The final huddle of the day was in the Rare and Recent Bookshop.  There was no obvious wifi code so I presumed there was none. (The owner later told me that no one had asked him for it.) So for the final huddle of the day I took some notes on the laptop.  Many topics came up. The question of Porn and online behaviour was discussed again as was the dangers in how teenagers can deal with suicidal ideation online. We talked about getting Irish businesses online. 47,000 of them have no online presence.  There is a need to break down barriers. And a large economic imperative with a lot of money leaving the country to companies in the UK. Averil Staunton of Historical Ballinrobe took us through that initiative and we learned of the challenges for technology in rural areas.  We discussed the the sharing of stories and a little about Storyful. 

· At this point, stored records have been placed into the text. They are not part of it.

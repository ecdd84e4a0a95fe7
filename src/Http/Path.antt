-- ===== src/Http/Path.antt =====
-- The operations of `std::filesystem::path` that the engine uses, in their POSIX form, over bytes,
-- and `file_extension` and `strip_extension` of src/utils/string_util.cpp.
use download_wrapper.Base.{
  ℕ, Bool, true, false, ◌||◌, Option, none, some, [], ◌∷◌, ◌++◌, if◌then◌else◌, ◌==◌,
}
use download_wrapper.Text.{Text, is_empty, text_eq, codes}

-- What stands before the last byte that `stop` accepts.
unfoldable pub before_last : (ℕ → Bool) → Text → Option Text
before_last stop [] = none
before_last stop (c ∷ s) = elim (before_last stop s) [
  | some b ↦ some (c ∷ b)
  | none ↦ if stop c then some [] else none
]

-- What stands behind the last byte that `stop` accepts; `kept` where there is none.
unfoldable pub behind_last : (ℕ → Bool) → Text → Text → Text
behind_last stop kept [] = kept
behind_last stop kept (c ∷ s) = behind_last stop (if stop c then s else kept) s

abbrev pub is_slash : ℕ → Bool
is_slash c = c == b'/'

abbrev pub is_dot : ℕ → Bool
is_dot c = c == b'.'

-- `p.filename()`
unfoldable pub filename_of : Text → Text
unfolding behind_last
filename_of p = behind_last is_slash p p

-- `p.parent_path()`, of a path with one slash between its names.
unfoldable pub parent_path : Text → Text
unfolding before_last
parent_path p = elim (before_last is_slash p) [
  | none ↦ []
  | some [] ↦ b'/' ∷ []
  | some (c ∷ b) ↦ c ∷ b
]

abbrev is_dots : Text → Bool
is_dots name = text_eq name (codes ".") || text_eq name (codes "..")

-- `path(name).stem()`, of a file name: a dot at its head begins no extension.
unfoldable pub stem : Text → Text
unfolding before_last text_eq
stem name =
    if is_dots name
    then name
    else elim (before_last is_dot name) [ none ↦ name | some [] ↦ name | some (c ∷ b) ↦ c ∷ b ]

-- `strip_extension`
unfoldable pub strip_extension : Text → Text
unfolding stem filename_of
strip_extension name =
    if is_empty name
    then name
    else if is_empty (stem (filename_of name))
    then name
    else stem (filename_of name)

-- `file_extension`
unfoldable pub file_extension : Text → Text
unfolding before_last behind_last filename_of text_eq
file_extension name =
    let f = filename_of name in
    if is_dots f then [] else elim (before_last is_dot f) [
      | none ↦ []
      | some [] ↦ []
      | some (c ∷ b) ↦ behind_last is_dot [] f
    ]

-- `a / b`: an absolute `b` replaces `a`.
unfoldable pub ends_in_slash : Text → Bool
ends_in_slash [] = true
ends_in_slash (c ∷ []) = is_slash c
ends_in_slash (c ∷ d ∷ s) = ends_in_slash (d ∷ s)

abbrev starts_in_slash : Text → Bool
starts_in_slash [] = false
starts_in_slash (c ∷ s) = is_slash c

unfoldable pub join_path : Text → Text → Text
unfolding ends_in_slash
join_path a b = if starts_in_slash b then b else if ends_in_slash a then a ++ b else a ++ (b'/' ∷ b)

After the group photo I explored the Rare and Recent Bookshop before a few drinks.

Dinner in Pat Cohan’s gave me an opportunity to catch up with Pauline Sargent and learn more about how some political parties are engaging or not locally.

There were all to brief conversations with too many. And lots of people I didn’t get to talk to at all. I need to dig into Caroline Lawless piece on managing online identity.  I missed the huddles on the issues with the Internet of Things some insights into what may be the best managed twitter account in Ireland Garda Traffic  and whether or not the postman has read my email and many more besides.

Some final thoughts

The social nature of social media, the challenges its poses and that it is all about people, people, people came through again and again in the papers and the  conversations.

If “Hashtags subvert hierarchy” is the new “Hyperlinks subvert hierarchy” then Congregation is a hearty stew of social serendipity takes you places that are important even if its not necessarily what you were expecting.

By serendipity I came across this by Steve Wheeler  writing on Ivan Illich. He quotes Illich

“Most learning is not the result of instruction. It is rather the result of unhampered participation in a meaningful setting.”

Unhampered participation in a meaningful setting.

That is the definition of Congregation.